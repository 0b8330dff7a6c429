-- ===== src/Agent/Node/Operations.antt =====
-- What a restart of the node agent changes.
use wasmatrix.Prelude.{
  value_of, String, Bool, true, false, none, some, List, [], ◌∷◌, ◌++◌, ◌≡◌, refl, arith, inl, inr,
  Result-cases, ◌==◌, Result, ok, err, is_ok, if◌then◌else◌,
}
use mathlib.Core.List.{append_assoc}
use wasmatrix.HashMap
use wasmatrix.HashMap.{get-insert, get-remove}
use wasmatrix.Core.Types.{DateTime, CoreError, new_event, ExecutionEvent}
use wasmatrix.Core.Events.{
  record_start, record_stop, record_restart, events-record_start, events-record_stop,
  events-record_restart,
}
use wasmatrix.Agent.Node.{
  Engine, InstanceHandle, NodeAgent, launch, start_instance_local, stop_instance_local,
  restart_instance,
}

-- the result without its value
abbrev pub outcome_of : {A E : Type 0} → Result A E → Result (Unit {0}) E
outcome_of (ok a) = ok tt
outcome_of (err e) = err e

module _ (engine : Engine) (agent : NodeAgent engine) (now : DateTime) (i : String) where
  abbrev pub relaunch : InstanceHandle engine → Result (InstanceHandle engine) CoreError
  relaunch handle =
      launch engine now i handle.module_bytes handle.capabilities handle.restart_policy

  abbrev pub restarted : NodeAgent engine
  restarted = (restart_instance engine now agent i).1

  abbrev pub restart_events : Bool → List ExecutionEvent
  restart_events true =
      new_event now "instance_stopped" i
      ∷ new_event now "instance_started" i
      ∷ new_event now "instance_restarted" i
      ∷ []
  restart_events false = new_event now "instance_stopped" i ∷ []

  abbrev pub halted : NodeAgent engine
  halted = record agent {
    instances = HashMap.remove agent.instances i;
    crashed_instances = HashMap.remove (HashMap.remove agent.crashed_instances i) i;
    event_recorder = record_stop agent.event_recorder now i;
  }

  abbrev pub relaunched :
      Result (InstanceHandle engine) CoreError → Result (Unit {0}) CoreError × NodeAgent engine
  relaunched (err e) = (err e, halted)
  relaunched (ok handle) = (
    ok tt,
    record halted {
      instances = HashMap.insert halted.instances i handle;
      event_recorder = record_restart (record_start halted.event_recorder now i) now i;
    },
  )

  relaunched-exact :
      (launched : Result (InstanceHandle engine) CoreError)
      → ((relaunched launched).0 ≡ outcome_of launched)
        × ((j : String)
            → HashMap.get (relaunched launched).1.instances j
              ≡ (if i == j then value_of launched else HashMap.get agent.instances j))
        × ((j : String)
            → HashMap.get (relaunched launched).1.crashed_instances j
              ≡ (if i == j then none else HashMap.get agent.crashed_instances j))
        × ((relaunched launched).1.crash_history ≡ agent.crash_history)
        × ((relaunched launched).1.event_recorder.events
            ≡ agent.event_recorder.events ++ restart_events (is_ok launched))
  relaunched-exact (ok h) = (
    refl,
    λ j. ground (arith, get-insert halted.instances i j h, get-remove agent.instances i j),
    λ j. ground (
      arith,
      get-remove agent.crashed_instances i j,
      get-remove (HashMap.remove agent.crashed_instances i) i j,
    ),
    refl,
    ground (
      arith,
      events-record_stop agent.event_recorder now i,
      events-record_start halted.event_recorder now i,
      events-record_restart (record_start halted.event_recorder now i) now i,
      append_assoc agent.event_recorder.events (new_event now "instance_stopped" i ∷ [])
          (new_event now "instance_started" i ∷ []),
      append_assoc agent.event_recorder.events
          (new_event now "instance_stopped" i ∷ new_event now "instance_started" i ∷ [])
          (new_event now "instance_restarted" i ∷ []),
    ),
  )
  relaunched-exact (err e) = (
    refl,
    λ j. get-remove agent.instances i j,
    λ j. ground (
      arith,
      get-remove agent.crashed_instances i j,
      get-remove (HashMap.remove agent.crashed_instances i) i j,
    ),
    refl,
    events-record_stop agent.event_recorder now i,
  )

  pub restart_instance-relaunched :
      (handle : InstanceHandle engine)
      → HashMap.get agent.instances i ≡ some handle
      → restart_instance engine now agent i ≡ relaunched (relaunch handle)
  unfolding restart_instance start_instance_local stop_instance_local
  restart_instance-relaunched handle known = elim (Result-cases (relaunch handle)) [
    | inl (h, e) ↦ ground (arith, known, e)
    | inr (h, e) ↦ ground (arith, known, e)
  ]

  -- A restart of a running instance launches its own module, capabilities and policy again. It
  -- succeeds exactly if the launch does; the new handle replaces the old one, and after a failed
  -- launch the instance is gone. Its crash mark is cleared, the crash history and all other
  -- instances and marks stay, and the events tell of the stop and, after a success, of the start
  -- and the restart.
  pub restart_instance-exact :
      (handle : InstanceHandle engine)
      → HashMap.get agent.instances i ≡ some handle
      → ((restart_instance engine now agent i).0 ≡ outcome_of (relaunch handle))
        × ((j : String)
            → HashMap.get restarted.instances j
              ≡ (if i == j then value_of (relaunch handle) else HashMap.get agent.instances j))
        × ((j : String)
            → HashMap.get restarted.crashed_instances j
              ≡ (if i == j then none else HashMap.get agent.crashed_instances j))
        × (restarted.crash_history ≡ agent.crash_history)
        × (restarted.event_recorder.events
            ≡ agent.event_recorder.events ++ restart_events (is_ok (relaunch handle)))
  restart_instance-exact handle known =
      let same = restart_instance-relaunched handle known in
      let (result, kept, marks, history, events) = relaunched-exact (relaunch handle) in
      (
        rw (same, result),
        λ j. ground (arith, same, kept j),
        λ j. ground (arith, same, marks j),
        ground (arith, same, history),
        ground (arith, same, events),
      )
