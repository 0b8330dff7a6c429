-- ===== src/Agent/Node/Local.antt =====
-- What a start and a stop of the node agent change.
use wasmatrix.Prelude.{
  ℕ, String, Bool, true, false, none, some, List, [], ◌∷◌, ◌++◌, ◌≡◌, refl, arith, inl, inr,
  Result-cases, Bool-cases, ◌==◌, ◌&&◌, Result, ok, err, is_ok, if◌then◌else◌,
}
use wasmatrix.HashMap
use wasmatrix.HashMap.{get-insert, get-remove}
use wasmatrix.Core.Types.{
  DateTime, CoreError, CapabilityAssignment, RestartPolicy, running, stopped, crashed, new_event,
}
use wasmatrix.Core.Events.{events-record_start, events-record_stop}
use wasmatrix.Agent.Node.{
  Engine, InstanceHandle, NodeAgent, launch, start_instance_local, stop_instance_local,
  get_instance_status,
}

module _ (engine : Engine) (agent : NodeAgent engine) (now : DateTime) (i : String) where
  -- After a start the status of the instance is crashed if it was marked before and running
  -- otherwise; a start that fails, and the status of every other instance, change nothing.
  pub start_instance_local-status :
      (bytes : List ℕ) (caps : List CapabilityAssignment) (policy : RestartPolicy) (j : String)
      → get_instance_status engine (start_instance_local engine now agent i bytes caps policy).1 j
        ≡ (if (i == j) && is_ok (launch engine now i bytes caps policy)
            then if HashMap.contains_key agent.crashed_instances j then crashed else running
            else get_instance_status engine agent j)
  unfolding start_instance_local get_instance_status
  start_instance_local-status bytes caps policy j =
      elim (Result-cases (launch engine now i bytes caps policy)) [
        | inl (handle, e) ↦ ground (arith, e, get-insert agent.instances i j handle)
        | inr (e, f) ↦ ground (arith, f)
      ]

  -- A stop takes a running instance with its crash mark away and fails otherwise, in which case
  -- nothing changes; every other instance keeps its status.
  stop_instance_local-status :
      (j : String)
      → (is_ok (stop_instance_local engine now agent i).0 ≡ HashMap.contains_key agent.instances i)
        × (get_instance_status engine (stop_instance_local engine now agent i).1 j ≡ (
            if (i == j) && HashMap.contains_key agent.instances i
            then stopped
            else get_instance_status engine agent j))
  unfolding stop_instance_local get_instance_status
  stop_instance_local-status j = (
    ground arith,
    ground (arith, get-remove agent.instances i j, get-remove agent.crashed_instances i j),
  )

  -- what a start does, by the outcome of its launch
  abbrev pub IsStartedLocal :
      Result (InstanceHandle engine) CoreError
      → Result (Unit {0}) CoreError × NodeAgent engine
      → Type 0
  IsStartedLocal (err e) outcome = (outcome.0 ≡ err e) × (outcome.1 ≡ agent)
  IsStartedLocal (ok handle) outcome =
      (outcome.0 ≡ ok tt)
      × ((j : String)
          → HashMap.get outcome.1.instances j
            ≡ (if i == j then some handle else HashMap.get agent.instances j))
      × (outcome.1.crashed_instances ≡ agent.crashed_instances)
      × (outcome.1.crash_history ≡ agent.crash_history)
      × (outcome.1.event_recorder.events
          ≡ agent.event_recorder.events ++ (new_event now "instance_started" i ∷ []))

  -- what a stop does, by whether the instance runs
  abbrev pub IsStoppedLocal : Bool → Result (Unit {0}) CoreError × NodeAgent engine → Type 0
  IsStoppedLocal false outcome = (is_ok outcome.0 ≡ false) × (outcome.1 ≡ agent)
  IsStoppedLocal true outcome =
      (outcome.0 ≡ ok tt)
      × ((j : String)
          → HashMap.get outcome.1.instances j
            ≡ (if i == j then none else HashMap.get agent.instances j))
      × ((j : String)
          → HashMap.get outcome.1.crashed_instances j
            ≡ (if i == j then none else HashMap.get agent.crashed_instances j))
      × (outcome.1.crash_history ≡ agent.crash_history)
      × (outcome.1.event_recorder.events
          ≡ agent.event_recorder.events ++ (new_event now "instance_stopped" i ∷ []))

  start_instance_local-IsStartedLocal :
      (bytes : List ℕ) (caps : List CapabilityAssignment) (policy : RestartPolicy)
      → IsStartedLocal
          (launch engine now i bytes caps policy)
          (start_instance_local engine now agent i bytes caps policy)
  unfolding start_instance_local
  start_instance_local-IsStartedLocal bytes caps policy =
      elim (Result-cases (launch engine now i bytes caps policy)) [
        | inr (e, p) ↦ rw (start_instance_local, p) (refl, refl)
        | inl (handle, p) ↦
            rw (start_instance_local, p)
              (
                refl,
                λ j. get-insert agent.instances i j handle,
                refl,
                refl,
                events-record_start agent.event_recorder now i,
              )
      ]

  stop_instance_local-IsStoppedLocal :
      IsStoppedLocal
        (HashMap.contains_key agent.instances i)
        (stop_instance_local engine now agent i)
  unfolding stop_instance_local
  stop_instance_local-IsStoppedLocal = elim (Bool-cases (HashMap.contains_key agent.instances i)) [
    | inr p ↦ rw (stop_instance_local, p) (refl, refl)
    | inl p ↦
        rw (stop_instance_local, p)
          (
            refl,
            get-remove agent.instances i,
            get-remove agent.crashed_instances i,
            refl,
            events-record_stop agent.event_recorder now i,
          )
  ]

  -- A start succeeds exactly if the launch does; it then stores the new handle and records one event,
  -- and keeps the crash marks and the crash history. A stop succeeds exactly if the instance is
  -- stored; it then takes the handle and the crash mark away, records one event and keeps the crash
  -- history. A start or a stop that fails changes nothing. After a start the status of the instance
  -- is crashed if it was marked before and running otherwise, after a stop it is stopped, and every
  -- other instance keeps its status.
  pub local_operations-exact :
      (bytes : List ℕ) (caps : List CapabilityAssignment) (policy : RestartPolicy) (j : String)
      → IsStartedLocal
          (launch engine now i bytes caps policy)
          (start_instance_local engine now agent i bytes caps policy)
        × IsStoppedLocal
            (HashMap.contains_key agent.instances i)
            (stop_instance_local engine now agent i)
        × (get_instance_status engine
              (start_instance_local engine now agent i bytes caps policy).1
              j
            ≡ (if (i == j) && is_ok (launch engine now i bytes caps policy)
                then if HashMap.contains_key agent.crashed_instances j then crashed else running
                else get_instance_status engine agent j))
        × (get_instance_status engine (stop_instance_local engine now agent i).1 j ≡ (
            if (i == j) && HashMap.contains_key agent.instances i
            then stopped
            else get_instance_status engine agent j))
  local_operations-exact bytes caps policy j = (
    start_instance_local-IsStartedLocal bytes caps policy,
    stop_instance_local-IsStoppedLocal,
    start_instance_local-status bytes caps policy j,
    (stop_instance_local-status j).1,
  )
○ ○ ○ ○
* _Problem description_
Copy each line of the listing that carries the string "kept".

* _Answer to the problem_
      let (result, kept, marks, history, events) = relaunched-exact (relaunch handle) in
        λ j. ground (arith, same, kept j),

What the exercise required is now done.